Don’t reinvent the wheel. It’s as simple as that, but I will provide at least a bit of context: There are lot tools and libraries out there which can help you in your journey. You should focus on business logic as much as possible, not on developing a way to retry failed requests, as most of those problems are encountered by other people to, which created tools to overcome them, such as Smallrye Fault Tolerance or Resilience4J. Do a quick Google or StackOverflow search before diving in code, maybe someone has thought of better solution than you.

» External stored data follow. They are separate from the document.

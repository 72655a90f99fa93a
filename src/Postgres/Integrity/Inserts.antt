-- ===== src/Postgres/Integrity/Inserts.antt =====
-- Insertions, and the references of the rows that are inserted.
use ai_agent_boilerplate.Prelude.{
  ◌≡◌, refl, true, Option, none, some, List, [], ◌∷◌, ◌++◌, ◌==◌, All, All-append, All-map,
}
use ai_agent_boilerplate.Domain.{Uuid}
use ai_agent_boilerplate.Domain.User.{User}
use ai_agent_boilerplate.Domain.RefreshToken.{RefreshToken}
use ai_agent_boilerplate.Domain.SecurityEvent.{SecurityEvent}
use ai_agent_boilerplate.Postgres.Results.{has_job}
use ai_agent_boilerplate.Postgres.Tables.{
  Tables, JobRow, SearchRow, DocumentRow, ResultRow, StepRow, ChannelRow, ChunkRow,
}
use ai_agent_boilerplate.Postgres.Tables.Laws.{any-append}
use ai_agent_boilerplate.Postgres.Users.{has_user}
use ai_agent_boilerplate.Postgres.Jobs.{has_link}
use ai_agent_boilerplate.Postgres.Audit.{has_actor}
use ai_agent_boilerplate.Postgres.Integrity.{IsIntact, has_document}
use ai_agent_boilerplate.Postgres.Integrity.Replaced.{
  set_tokens-IsIntact, set_results-IsIntact, set_steps-IsIntact, set_events-IsIntact,
  set_channels-IsIntact, set_chunks-IsIntact, set_users-IsIntact, set_jobs-IsIntact,
  set_searches-IsIntact, set_documents-IsIntact,
}

module _ {t : Tables} (v : IsIntact t) where
  module _ (u : User) where
    abbrev plus_user : Tables
    plus_user = record t { users = t.users ++ u ∷ [] }

    -- Whoever refers to a user still does.
    owners :
        {R : Type 0} (owner : R → Uuid) (rows : List R)
        → All (λ r. has_user (owner r) t ≡ true) rows
        → All (λ r. has_user (owner r) plus_user ≡ true) rows
    owners owner rows h =
        All-map _ _ (λ r e. any-append (λ (w : User). w.id == owner r) t.users (u ∷ []) e) rows h

    actor : (o : Option Uuid) → has_actor o t.users ≡ true → has_actor o plus_user.users ≡ true
    actor none h = refl
    actor (some id) h = any-append (λ (w : User). w.id == id) t.users (u ∷ []) h

    pub insert_user-IsIntact : IsIntact plus_user
    insert_user-IsIntact =
        set_users-IsIntact v (t.users ++ u ∷ []) (owners (λ r. r.user_id) t.refresh_tokens v.tokens)
          (owners (λ r. r.user_id) t.research_jobs v.jobs)
          (owners (λ r. r.user_id) t.recurring_searches v.searches)
          (All-map _ _ (λ r e. actor r.user_id e) t.security_events v.events)
          (owners (λ r. r.user_id) t.notification_channels v.channels)
          (owners (λ r. r.user_id) t.documents v.documents)
          (owners (λ r. r.user_id) t.document_chunks v.chunk_users)

  pub insert_job-IsIntact :
      (j : JobRow)
      → has_user j.user_id t ≡ true
      → has_link j.recurring_search_id t.recurring_searches ≡ true
      → IsIntact (record t { research_jobs = t.research_jobs ++ j ∷ [] })
  insert_job-IsIntact j owned linked =
      set_jobs-IsIntact v (t.research_jobs ++ j ∷ [])
        (All-append _ t.research_jobs (j ∷ []) v.jobs (owned, tt))
        (All-append _ t.research_jobs (j ∷ []) v.links (linked, tt))
        (All-map _ _
          (λ r e. any-append (λ (w : JobRow). w.id == r.job_id) t.research_jobs (j ∷ []) e)
          t.search_results v.results)
        (All-map _ _
          (λ r e. any-append (λ (w : JobRow). w.id == r.job_id) t.research_jobs (j ∷ []) e)
          t.agent_steps v.steps)

  module _ (s : SearchRow) where
    abbrev plus_search : Tables
    plus_search = record t { recurring_searches = t.recurring_searches ++ s ∷ [] }

    link :
        (o : Option Uuid)
        → has_link o t.recurring_searches ≡ true
        → has_link o plus_search.recurring_searches ≡ true
    link none h = refl
    link (some id) h = any-append (λ (w : SearchRow). w.id == id) t.recurring_searches (s ∷ []) h

    pub insert_search-IsIntact : has_user s.user_id t ≡ true → IsIntact plus_search
    insert_search-IsIntact owned =
        set_searches-IsIntact v (t.recurring_searches ++ s ∷ [])
          (All-map _ _ (λ r e. link r.recurring_search_id e) t.research_jobs v.links)
          (All-append _ t.recurring_searches (s ∷ []) v.searches (owned, tt))

  pub insert_document-IsIntact :
      (d : DocumentRow)
      → has_user d.user_id t ≡ true
      → IsIntact (record t { documents = t.documents ++ d ∷ [] })
  insert_document-IsIntact d owned =
      set_documents-IsIntact v (t.documents ++ d ∷ [])
        (All-append _ t.documents (d ∷ []) v.documents (owned, tt))
        (All-map _ _
          (λ r e. any-append (λ (w : DocumentRow). w.id == r.document_id) t.documents (d ∷ []) e)
          t.document_chunks v.chunks)

  pub insert_token-IsIntact :
      (r : RefreshToken)
      → has_user r.user_id t ≡ true
      → IsIntact (record t { refresh_tokens = t.refresh_tokens ++ r ∷ [] })
  insert_token-IsIntact r e =
      set_tokens-IsIntact v (t.refresh_tokens ++ r ∷ [])
        (All-append _ t.refresh_tokens (r ∷ []) v.tokens (e, tt))

  pub insert_result-IsIntact :
      (r : ResultRow)
      → has_job r.job_id t ≡ true
      → IsIntact (record t { search_results = t.search_results ++ r ∷ [] })
  insert_result-IsIntact r e =
      set_results-IsIntact v (t.search_results ++ r ∷ [])
        (All-append _ t.search_results (r ∷ []) v.results (e, tt))

  pub insert_step-IsIntact :
      (r : StepRow)
      → has_job r.job_id t ≡ true
      → IsIntact (record t { agent_steps = t.agent_steps ++ r ∷ [] })
  insert_step-IsIntact r e =
      set_steps-IsIntact v (t.agent_steps ++ r ∷ [])
        (All-append _ t.agent_steps (r ∷ []) v.steps (e, tt))

  pub insert_event-IsIntact :
      (r : SecurityEvent)
      → has_actor r.user_id t.users ≡ true
      → IsIntact (record t { security_events = t.security_events ++ r ∷ [] })
  insert_event-IsIntact r e =
      set_events-IsIntact v (t.security_events ++ r ∷ [])
        (All-append _ t.security_events (r ∷ []) v.events (e, tt))

  pub insert_channel-IsIntact :
      (r : ChannelRow)
      → has_user r.user_id t ≡ true
      → IsIntact (record t { notification_channels = t.notification_channels ++ r ∷ [] })
  insert_channel-IsIntact r e =
      set_channels-IsIntact v (t.notification_channels ++ r ∷ [])
        (All-append _ t.notification_channels (r ∷ []) v.channels (e, tt))

  pub insert_chunk-IsIntact :
      (c : ChunkRow)
      → has_document c.document_id t ≡ true
      → has_user c.user_id t ≡ true
      → IsIntact (record t { document_chunks = t.document_chunks ++ c ∷ [] })
  insert_chunk-IsIntact c part owned =
      set_chunks-IsIntact v (t.document_chunks ++ c ∷ [])
        (All-append _ t.document_chunks (c ∷ []) v.chunks (part, tt))
        (All-append _ t.document_chunks (c ∷ []) v.chunk_users (owned, tt))
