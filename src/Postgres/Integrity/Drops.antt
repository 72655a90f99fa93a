-- ===== src/Postgres/Integrity/Drops.antt =====
-- Deletions, and the rows that refer to what is deleted: `ON DELETE CASCADE` and `SET NULL`.
use ai_agent_boilerplate.Prelude.{
  ℕ, ◌≡◌, refl, ◌∙◌, inl, inr, Bool, true, false, Option, none, some, List, [], ◌∷◌, map, arith,
  ◌==◌, Bool-cases, filter, any, All, contains, All-map,
}
use ai_agent_boilerplate.Domain.{Uuid}
use ai_agent_boilerplate.Domain.User.{User}
use ai_agent_boilerplate.Domain.SecurityEvent.{SecurityEvent}
use ai_agent_boilerplate.Postgres.Tables.{
  Tables, JobRow, SearchRow, DocumentRow, delete_where, update_where, drop_jobs, drop_searches,
  drop_documents, is_linked_to,
}
use ai_agent_boilerplate.Postgres.Tables.Laws.{
  delete_where-All, All-delete_where, All-update_where, any-delete_where, any-spared,
  any-update_where,
}
use ai_agent_boilerplate.Postgres.Users.{has_user, drop_user, drop_rows_of, is_event_of}
use ai_agent_boilerplate.Postgres.Jobs.{has_link}
use ai_agent_boilerplate.Postgres.Results.{has_job}
use ai_agent_boilerplate.Postgres.Audit.{has_actor}
use ai_agent_boilerplate.Postgres.Integrity.{IsIntact}

-- Both of two facts about every element.
All-both :
    {A : Type 0} (P Q R : A → Type 0) (xs : List A)
    → ((x : A) → P x → Q x → R x)
    → All P xs
    → All Q xs
    → All R xs
All-both P Q R [] f h k = tt
All-both P Q R (x ∷ xs) f h k = (f x h.0 k.0, All-both P Q R xs f h.1 k.1)

module _ {t : Tables} (v : IsIntact t) where
  -- The references of rows that are left after those to doomed rows are deleted.
  left :
      {R K : Type 0} (ref : R → Uuid) (key : K → ℕ) (p : K → Bool) (rows : List R) (keys : List K)
      → All (λ r. any (λ k. key k == ref r) keys ≡ true) rows
      → All
          (λ r. any (λ k. key k == ref r) (delete_where p keys) ≡ true)
          (delete_where (λ r. contains (ref r) (map key (filter p keys))) rows)
  left ref key p rows keys h =
      All-both _ _ _ _ (λ r e f. any-spared key p (ref r) keys e f) (All-delete_where _ _ rows h)
        (delete_where-All (λ r. contains (ref r) (map key (filter p keys))) rows)

  pub drop_jobs-IsIntact : (p : JobRow → Bool) → IsIntact (drop_jobs p t)
  unfolding drop_jobs
  drop_jobs-IsIntact p = record {
    tokens = v.tokens;
    jobs = All-delete_where p _ t.research_jobs v.jobs;
    links = All-delete_where p _ t.research_jobs v.links;
    results = left (λ r. r.job_id) (λ j. j.id) p t.search_results t.research_jobs v.results;
    steps = left (λ r. r.job_id) (λ j. j.id) p t.agent_steps t.research_jobs v.steps;
    searches = v.searches;
    events = v.events;
    channels = v.channels;
    documents = v.documents;
    chunks = v.chunks;
    chunk_users = v.chunk_users;
  }

  pub drop_documents-IsIntact : (p : DocumentRow → Bool) → IsIntact (drop_documents p t)
  unfolding drop_documents
  drop_documents-IsIntact p = record {
    tokens = v.tokens;
    jobs = v.jobs;
    links = v.links;
    results = v.results;
    steps = v.steps;
    searches = v.searches;
    events = v.events;
    channels = v.channels;
    documents = All-delete_where p _ t.documents v.documents;
    chunks = left (λ r. r.document_id) (λ d. d.id) p t.document_chunks t.documents v.chunks;
    chunk_users = All-delete_where _ _ t.document_chunks v.chunk_users;
  }

  module _ (p : SearchRow → Bool) where
    abbrev doomed : List Uuid
    doomed = map (λ s. s.id) (filter p t.recurring_searches)

    abbrev cut : JobRow → JobRow
    cut j = record j { recurring_search_id = none }

    spared_link :
        (o : Option Uuid)
        → has_link o t.recurring_searches ≡ true
        → is_linked_to doomed o ≡ false
        → has_link o (delete_where p t.recurring_searches) ≡ true
    spared_link none h k = refl
    spared_link (some id) h k = any-spared (λ s. s.id) p id t.recurring_searches h k

    cut_links :
        (jobs : List JobRow)
        → All (λ j. has_link j.recurring_search_id t.recurring_searches ≡ true) jobs
        → All
            (λ j. has_link j.recurring_search_id (delete_where p t.recurring_searches) ≡ true)
            (update_where (λ j. is_linked_to doomed j.recurring_search_id) cut jobs)
    unfolding update_where
    cut_links [] h = tt
    cut_links (j ∷ jobs) h = elim (Bool-cases (is_linked_to doomed j.recurring_search_id)) [
      | inl hit ↦ rw hit (refl, cut_links jobs h.1)
      | inr miss ↦ rw miss (spared_link j.recurring_search_id h.0 miss, cut_links jobs h.1)
    ]

    same_jobs :
        {R : Type 0} (ref : R → Uuid) (rows : List R)
        → All (λ r. has_job (ref r) t ≡ true) rows
        → All (λ r. has_job (ref r) (drop_searches p t) ≡ true) rows
    unfolding drop_searches
    same_jobs ref rows h =
        All-map _ _
          (λ r e.
            any-update_where (λ (j : JobRow). j.id == ref r) _ cut t.research_jobs (λ j. refl) ∙ e)
          rows h

    pub drop_searches-IsIntact : IsIntact (drop_searches p t)
    unfolding drop_searches
    drop_searches-IsIntact = record {
      tokens = v.tokens;
      jobs = All-update_where _ _ cut t.research_jobs (λ j h. h) v.jobs;
      links = cut_links t.research_jobs v.links;
      results = same_jobs (λ r. r.job_id) t.search_results v.results;
      steps = same_jobs (λ r. r.job_id) t.agent_steps v.steps;
      searches = All-delete_where p _ t.recurring_searches v.searches;
      events = v.events;
      channels = v.channels;
      documents = v.documents;
      chunks = v.chunks;
      chunk_users = v.chunk_users;
    }

-- The user that is deleted last.
module _ {t : Tables} (v : IsIntact t) (id : Uuid) where
  abbrev minus_user : List User
  minus_user = delete_where (λ (u : User). u.id == id) t.users

  other_user :
      (u : Uuid) → has_user u t ≡ true → (u == id) ≡ false → any (λ w. w.id == u) minus_user ≡ true
  other_user u h n =
      any-delete_where (λ (w : User). w.id == u) (λ (w : User). w.id == id) t.users
        (λ w e. ground arith) h

  owners :
      {R : Type 0} (owner : R → Uuid) (rows : List R)
      → All (λ r. has_user (owner r) t ≡ true) rows
      → All (λ r. (owner r == id) ≡ false) rows
      → All (λ r. any (λ w. w.id == owner r) minus_user ≡ true) rows
  owners owner rows h n = All-both _ _ _ rows (λ r e f. other_user (owner r) e f) h n

  left_owners :
      {R : Type 0} (owner : R → Uuid) (rows : List R)
      → All (λ r. has_user (owner r) t ≡ true) rows
      → All
          (λ r. any (λ w. w.id == owner r) minus_user ≡ true)
          (delete_where (λ r. owner r == id) rows)
  left_owners owner rows h =
      owners owner _ (All-delete_where _ _ rows h) (delete_where-All (λ r. owner r == id) rows)

  actor :
      (e : SecurityEvent)
      → has_actor e.user_id t.users ≡ true
      → is_event_of id e ≡ false
      → has_actor e.user_id minus_user ≡ true
  actor e h n = actor_of e.user_id h n
    where
      actor_of :
          (o : Option Uuid)
          → has_actor o t.users ≡ true
          → (elim o [ none ↦ false | some u ↦ u == id ]) ≡ false
          → has_actor o minus_user ≡ true
      actor_of none h n = refl
      actor_of (some u) h n = other_user u h n

  actors :
      (events : List SecurityEvent)
      → All (λ e. has_actor e.user_id t.users ≡ true) events
      → All
          (λ e. has_actor e.user_id minus_user ≡ true)
          (update_where (is_event_of id) (λ e. record e { user_id = none }) events)
  unfolding update_where
  actors [] h = tt
  actors (e ∷ events) h = elim (Bool-cases (is_event_of id e)) [
    | inl hit ↦ rw hit (refl, actors events h.1)
    | inr miss ↦ rw miss (actor e h.0 miss, actors events h.1)
  ]

  without_user :
      All (λ (j : JobRow). (j.user_id == id) ≡ false) t.research_jobs
      → All (λ (r : SearchRow). (r.user_id == id) ≡ false) t.recurring_searches
      → All (λ (d : DocumentRow). (d.user_id == id) ≡ false) t.documents
      → IsIntact (drop_rows_of id t)
  unfolding drop_rows_of
  without_user jobs searches documents = record {
    tokens = left_owners (λ r. r.user_id) t.refresh_tokens v.tokens;
    jobs = owners (λ r. r.user_id) t.research_jobs v.jobs jobs;
    links = v.links;
    results = v.results;
    steps = v.steps;
    searches = owners (λ r. r.user_id) t.recurring_searches v.searches searches;
    events = actors t.security_events v.events;
    channels = left_owners (λ r. r.user_id) t.notification_channels v.channels;
    documents = owners (λ r. r.user_id) t.documents v.documents documents;
    chunks = All-delete_where _ _ t.document_chunks v.chunks;
    chunk_users = left_owners (λ r. r.user_id) t.document_chunks v.chunk_users;
  }

pub drop_user-IsIntact : {t : Tables} → IsIntact t → (id : Uuid) → IsIntact (drop_user id t)
unfolding drop_user drop_jobs drop_searches drop_documents
drop_user-IsIntact {t} v id =
    let v₁ = drop_jobs-IsIntact v (λ j. j.user_id == id) in
    let v₂ = drop_searches-IsIntact v₁ (λ s. s.user_id == id) in
    let v₃ = drop_documents-IsIntact v₂ (λ d. d.user_id == id) in
    without_user v₃ id
      (All-update_where _ _ _ _ (λ j h. h)
        (delete_where-All (λ j. j.user_id == id) t.research_jobs))
      (delete_where-All (λ r. r.user_id == id) t.recurring_searches)
      (delete_where-All (λ d. d.user_id == id) t.documents)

Don’t be scared to go back #

Even if your plan is good, your architecture is effective, and it makes sense to you, you may be proven wrong by production environments. The chances are not everything will work the way you want it to work. If microservices are not a good fit, don’t be scared to try different architecture, or even go back to the old monolith. It takes a good developer to accept that things are not working, and they were better before, so dust off your monolith and provide the best service to your clients and customers. Even if you end up with distributed monolith at the end, that doesn’t have to be a bad thing, it just needs to make sense for your project.

Conclusion #

In this post I’ve covered most common pitfalls and problems when writing microservices. While you will encounter most of them, I hope this post will be helpful providing some solutions and a way to avoid them. It’s best to keep this points on your mind while developing and designing the system. Anticipation of the problems will help you a lot in the design. This is the final post in this series on microservice architecture and I hope you have some take-away knowledge.